United States District Court, W.D. Kentucky, Louisville Division

October 3, 2018

KENNETH WHITLOCK PLAINTIFF
v.
NANCY A. BERRYHILL, Acting Commissioner of Social Security DEFENDANT

          MEMORANDUM OPINION AND ORDER

          Lanny King, Magistrate Judge United States District Court

         This matter is before the Court on Plaintiff's Complaint seeking judicial review, pursuant to 42 U.S.C. § 405(g), of the final decision of the Commissioner denying his claim for Social Security disability benefits. Plaintiff's fact and law summary is at Docket # 18-1, and Defendant's fact and law summary is at Docket # 24. The matter is ripe for determination.
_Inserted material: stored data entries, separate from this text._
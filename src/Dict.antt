-- ===== src/Dict.antt =====
-- Python's `dict`: the entries in the order of insertion. A write to a key that is there keeps its
-- place.
use mathlib.Core.Option.{some-injective}
use mathlib.Core.Path.{subst}
use claimsintelligence.Base.{
  ◌≡◌, refl, Option, none, some, List, [], ◌∷◌, arith, if◌then◌else◌, Key, ◌==◌, All, Bool, true,
  false,
}

abbrev pub Dict {ℓ κ} : Type ℓ → Type κ → Type (ℓ ⊔ κ)
Dict K V = List (K × V)

module _ {ℓ κ} {K : Type ℓ} {V : Type κ} ⦃e : Key K⦄ where
  -- d.get(k)
  unfoldable pub get : Dict K V → K → Option V
  get [] k = none
  get ((j, v) ∷ d) k = if j == k then some v else get d k

  -- d[k] = v
  unfoldable pub set : Dict K V → K → V → Dict K V
  set [] k v = (k, v) ∷ []
  set ((j, w) ∷ d) k v = if j == k then (j, v) ∷ d else (j, w) ∷ set d k v

  -- d.pop(k, None)
  unfoldable pub pop : Dict K V → K → Dict K V
  pop [] k = []
  pop ((j, w) ∷ d) k = let rest = pop d k in if j == k then rest else (j, w) ∷ rest

  pub get-set :
      (d : Dict K V) (k j : K) (v : V) → get (set d k v) j ≡ (if k == j then some v else get d j)
  unfolding get set
  get-set [] k j v = refl
  get-set ((i, w) ∷ d) k j v =
      ground (arith, get-set d k j v, e.same_iff i k, e.same_iff i j, e.same_iff k j)

  pub get-pop : (d : Dict K V) (k j : K) → get (pop d k) j ≡ (if k == j then none else get d j)
  unfolding get pop
  get-pop [] k j = ground arith
  get-pop ((i, w) ∷ d) k j =
      ground (arith, get-pop d k j, e.same_iff i k, e.same_iff i j, e.same_iff k j)

pub ruleset dict_laws = (get-set, get-pop)

-- What holds of every entry.
module _ {ℓ κ μ} {K : Type ℓ} {V : Type κ} ⦃e : Key K⦄ (P : K × V → Type μ) where
  All-if : (b : Bool) (d d' : Dict K V) → All P d → All P d' → All P (if b then d else d')
  All-if true d d' h h' = h
  All-if false d d' h h' = h'

  pub All-set :
      (d : Dict K V) (k : K) (v : V)
      → P (k, v)
      → ((j : K) (w : V) → P (j, w) → P (j, v))
      → All P d
      → All P (set d k v)
  unfolding set
  All-set [] k v new replace h = (new, tt)
  All-set ((j, w) ∷ d) k v new replace h =
      All-if (j == k) ((j, v) ∷ d) ((j, w) ∷ set d k v) (replace j w h.0, h.1)
        (h.0, All-set d k v new replace h.1)

  pub All-pop : (d : Dict K V) (k : K) → All P d → All P (pop d k)
  unfolding pop
  All-pop [] k h = tt
  All-pop ((j, w) ∷ d) k h =
      All-if (j == k) (pop d k) ((j, w) ∷ pop d k) (All-pop d k h.1) (h.0, All-pop d k h.1)

  some_entry :
      (b : Bool) (j : K) (w v : V) (o : Option V)
      → P (j, w)
      → (o ≡ some v → (i : K) × P (i, v))
      → (if b then some w else o) ≡ some v
      → (i : K) × P (i, v)
  some_entry true j w v o p rest q = (j, subst (λ x. P (j, x)) (some-injective w v q) p)
  some_entry false j w v o p rest q = rest q

  pub All-get : (d : Dict K V) (k : K) (v : V) → get d k ≡ some v → All P d → (j : K) × P (j, v)
  unfolding get
  All-get [] k v q h = cc
  All-get ((j, w) ∷ d) k v q h =
      some_entry (j == k) j w v (get d k) h.0 (λ q'. All-get d k v q' h.1) q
         Plaintiff consented to the jurisdiction of Magistrate Judge Whalin to determine this case, with any appeal lying before the Sixth Circuit Court of Appeals. (Docket # 13). Following Magistrate Judge Whalin's retirement, the Court reassigned the matter to the undersigned Magistrate Judge for all further proceedings. (Docket # 23). Plaintiff has impliedly consented to the jurisdiction of the undersigned.[1]

         In May 2016, the administrative law judge (“ALJ”) found that Plaintiff is not disabled through the date of his decision. (Administrative Record (“AR”), pp. 27-39). In October 2017, the Appeals Council reversed the ALJ's decision, finding that Plaintiff became disabled on January 5, 2016 (his fifty-fifth birthday). (AR, pp. 6-10). The Appeals Council affirmed the ALJ's finding that Plaintiff is not disabled for the period prior to January 5, 2016. (Id.). The issue in this case, therefore, is whether the ALJ's decision that Plaintiff is not disabled prior to January 5, 2016, is supported by substantial evidence.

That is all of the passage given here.